_INSTRUCTIONS FOR THE TASK_. Whenever the string "ground" turns up in a line of the data below, copy that line.

_RECORDS FOR THIS EXERCISE_.
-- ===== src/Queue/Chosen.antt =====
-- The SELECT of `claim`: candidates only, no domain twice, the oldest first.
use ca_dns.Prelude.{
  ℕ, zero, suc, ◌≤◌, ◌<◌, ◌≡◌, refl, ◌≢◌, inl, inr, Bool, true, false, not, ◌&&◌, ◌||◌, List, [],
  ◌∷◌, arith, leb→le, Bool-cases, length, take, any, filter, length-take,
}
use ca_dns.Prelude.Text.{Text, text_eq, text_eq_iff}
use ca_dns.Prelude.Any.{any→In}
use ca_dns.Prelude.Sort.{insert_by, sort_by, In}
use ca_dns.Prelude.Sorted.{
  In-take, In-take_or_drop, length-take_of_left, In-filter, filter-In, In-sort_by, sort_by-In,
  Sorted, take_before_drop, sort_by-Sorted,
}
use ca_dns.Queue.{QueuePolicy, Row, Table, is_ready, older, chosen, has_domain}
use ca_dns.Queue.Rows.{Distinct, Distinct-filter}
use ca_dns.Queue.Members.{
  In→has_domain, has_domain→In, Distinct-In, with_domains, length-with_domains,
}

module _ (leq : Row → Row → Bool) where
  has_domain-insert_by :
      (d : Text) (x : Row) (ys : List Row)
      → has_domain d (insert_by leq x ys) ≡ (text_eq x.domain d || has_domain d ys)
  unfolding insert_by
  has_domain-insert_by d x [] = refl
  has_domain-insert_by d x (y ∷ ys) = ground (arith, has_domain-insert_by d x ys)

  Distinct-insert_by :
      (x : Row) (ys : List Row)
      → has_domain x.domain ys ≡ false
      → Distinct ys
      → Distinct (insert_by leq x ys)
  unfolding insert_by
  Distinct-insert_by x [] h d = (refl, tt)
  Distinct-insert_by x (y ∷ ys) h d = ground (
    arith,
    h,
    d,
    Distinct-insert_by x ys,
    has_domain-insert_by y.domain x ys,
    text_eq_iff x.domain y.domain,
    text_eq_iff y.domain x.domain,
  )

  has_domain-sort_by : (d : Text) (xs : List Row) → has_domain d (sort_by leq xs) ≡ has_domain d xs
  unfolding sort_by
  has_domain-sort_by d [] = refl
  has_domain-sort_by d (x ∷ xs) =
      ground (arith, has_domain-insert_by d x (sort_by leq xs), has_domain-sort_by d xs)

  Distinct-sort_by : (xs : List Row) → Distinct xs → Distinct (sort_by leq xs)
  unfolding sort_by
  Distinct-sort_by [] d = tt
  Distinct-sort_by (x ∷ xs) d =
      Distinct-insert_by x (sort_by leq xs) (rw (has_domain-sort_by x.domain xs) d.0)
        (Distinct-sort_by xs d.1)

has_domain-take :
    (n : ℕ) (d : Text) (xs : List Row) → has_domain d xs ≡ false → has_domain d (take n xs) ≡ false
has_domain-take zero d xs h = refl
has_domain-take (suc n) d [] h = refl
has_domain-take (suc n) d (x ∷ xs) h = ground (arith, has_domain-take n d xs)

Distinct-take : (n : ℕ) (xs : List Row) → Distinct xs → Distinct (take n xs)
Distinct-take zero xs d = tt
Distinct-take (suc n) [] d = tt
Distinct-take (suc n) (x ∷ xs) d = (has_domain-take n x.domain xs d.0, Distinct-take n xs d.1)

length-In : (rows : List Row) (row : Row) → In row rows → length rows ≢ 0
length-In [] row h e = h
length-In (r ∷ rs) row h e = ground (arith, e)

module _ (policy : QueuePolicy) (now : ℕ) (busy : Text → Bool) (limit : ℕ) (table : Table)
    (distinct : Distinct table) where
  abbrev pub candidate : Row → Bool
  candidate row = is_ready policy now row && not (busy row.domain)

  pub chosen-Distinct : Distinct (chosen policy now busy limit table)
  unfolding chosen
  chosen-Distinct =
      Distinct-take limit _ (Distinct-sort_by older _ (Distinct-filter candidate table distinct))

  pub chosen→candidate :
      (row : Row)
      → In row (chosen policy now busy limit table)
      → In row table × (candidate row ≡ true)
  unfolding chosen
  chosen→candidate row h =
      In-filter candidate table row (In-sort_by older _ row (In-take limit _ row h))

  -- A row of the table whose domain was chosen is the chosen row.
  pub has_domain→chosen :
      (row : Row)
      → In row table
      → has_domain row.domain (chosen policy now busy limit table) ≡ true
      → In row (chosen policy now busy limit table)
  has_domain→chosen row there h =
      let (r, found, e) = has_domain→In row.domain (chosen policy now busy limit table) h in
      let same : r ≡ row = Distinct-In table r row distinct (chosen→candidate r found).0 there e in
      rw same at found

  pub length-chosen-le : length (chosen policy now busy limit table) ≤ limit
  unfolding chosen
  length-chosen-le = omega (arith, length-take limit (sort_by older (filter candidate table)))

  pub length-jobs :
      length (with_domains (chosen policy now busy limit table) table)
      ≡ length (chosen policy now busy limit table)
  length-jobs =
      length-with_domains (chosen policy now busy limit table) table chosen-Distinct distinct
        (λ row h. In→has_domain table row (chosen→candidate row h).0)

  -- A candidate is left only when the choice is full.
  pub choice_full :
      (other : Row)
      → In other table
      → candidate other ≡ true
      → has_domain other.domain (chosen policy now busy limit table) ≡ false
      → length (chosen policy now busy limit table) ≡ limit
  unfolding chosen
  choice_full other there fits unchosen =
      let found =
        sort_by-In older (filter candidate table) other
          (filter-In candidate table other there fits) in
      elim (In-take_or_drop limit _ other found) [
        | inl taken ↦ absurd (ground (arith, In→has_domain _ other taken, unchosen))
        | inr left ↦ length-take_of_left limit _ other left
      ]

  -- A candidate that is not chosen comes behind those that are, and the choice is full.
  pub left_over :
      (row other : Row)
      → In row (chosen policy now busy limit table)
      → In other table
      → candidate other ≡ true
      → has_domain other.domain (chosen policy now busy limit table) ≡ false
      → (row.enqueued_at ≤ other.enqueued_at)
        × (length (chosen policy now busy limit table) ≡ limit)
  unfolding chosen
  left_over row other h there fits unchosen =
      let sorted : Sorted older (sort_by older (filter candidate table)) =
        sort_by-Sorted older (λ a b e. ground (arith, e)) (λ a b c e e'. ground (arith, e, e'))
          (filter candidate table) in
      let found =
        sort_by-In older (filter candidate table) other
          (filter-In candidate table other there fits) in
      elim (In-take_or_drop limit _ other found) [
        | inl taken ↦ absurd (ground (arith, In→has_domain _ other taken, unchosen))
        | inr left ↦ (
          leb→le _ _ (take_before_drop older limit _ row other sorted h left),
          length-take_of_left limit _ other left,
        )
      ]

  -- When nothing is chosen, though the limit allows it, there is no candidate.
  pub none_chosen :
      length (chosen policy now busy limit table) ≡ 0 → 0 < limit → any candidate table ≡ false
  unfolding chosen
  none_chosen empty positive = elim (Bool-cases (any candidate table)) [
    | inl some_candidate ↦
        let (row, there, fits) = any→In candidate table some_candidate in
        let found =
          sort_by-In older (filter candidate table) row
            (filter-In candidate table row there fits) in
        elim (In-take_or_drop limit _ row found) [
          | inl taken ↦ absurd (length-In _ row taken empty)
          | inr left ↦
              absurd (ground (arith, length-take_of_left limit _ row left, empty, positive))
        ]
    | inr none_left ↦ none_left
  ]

_OUTPUT OF THE TASK_.
  has_domain-insert_by d x (y ∷ ys) = ground (arith, has_domain-insert_by d x ys)
  Distinct-insert_by x (y ∷ ys) h d = ground (
      ground (arith, has_domain-insert_by d x (sort_by leq xs), has_domain-sort_by d xs)
has_domain-take (suc n) d (x ∷ xs) h = ground (arith, has_domain-take n d xs)
length-In (r ∷ rs) row h e = ground (arith, e)
        | inl taken ↦ absurd (ground (arith, In→has_domain _ other taken, unchosen))
        sort_by-Sorted older (λ a b e. ground (arith, e)) (λ a b c e e'. ground (arith, e, e'))
        | inl taken ↦ absurd (ground (arith, In→has_domain _ other taken, unchosen))
              absurd (ground (arith, length-take_of_left limit _ row left, empty, positive))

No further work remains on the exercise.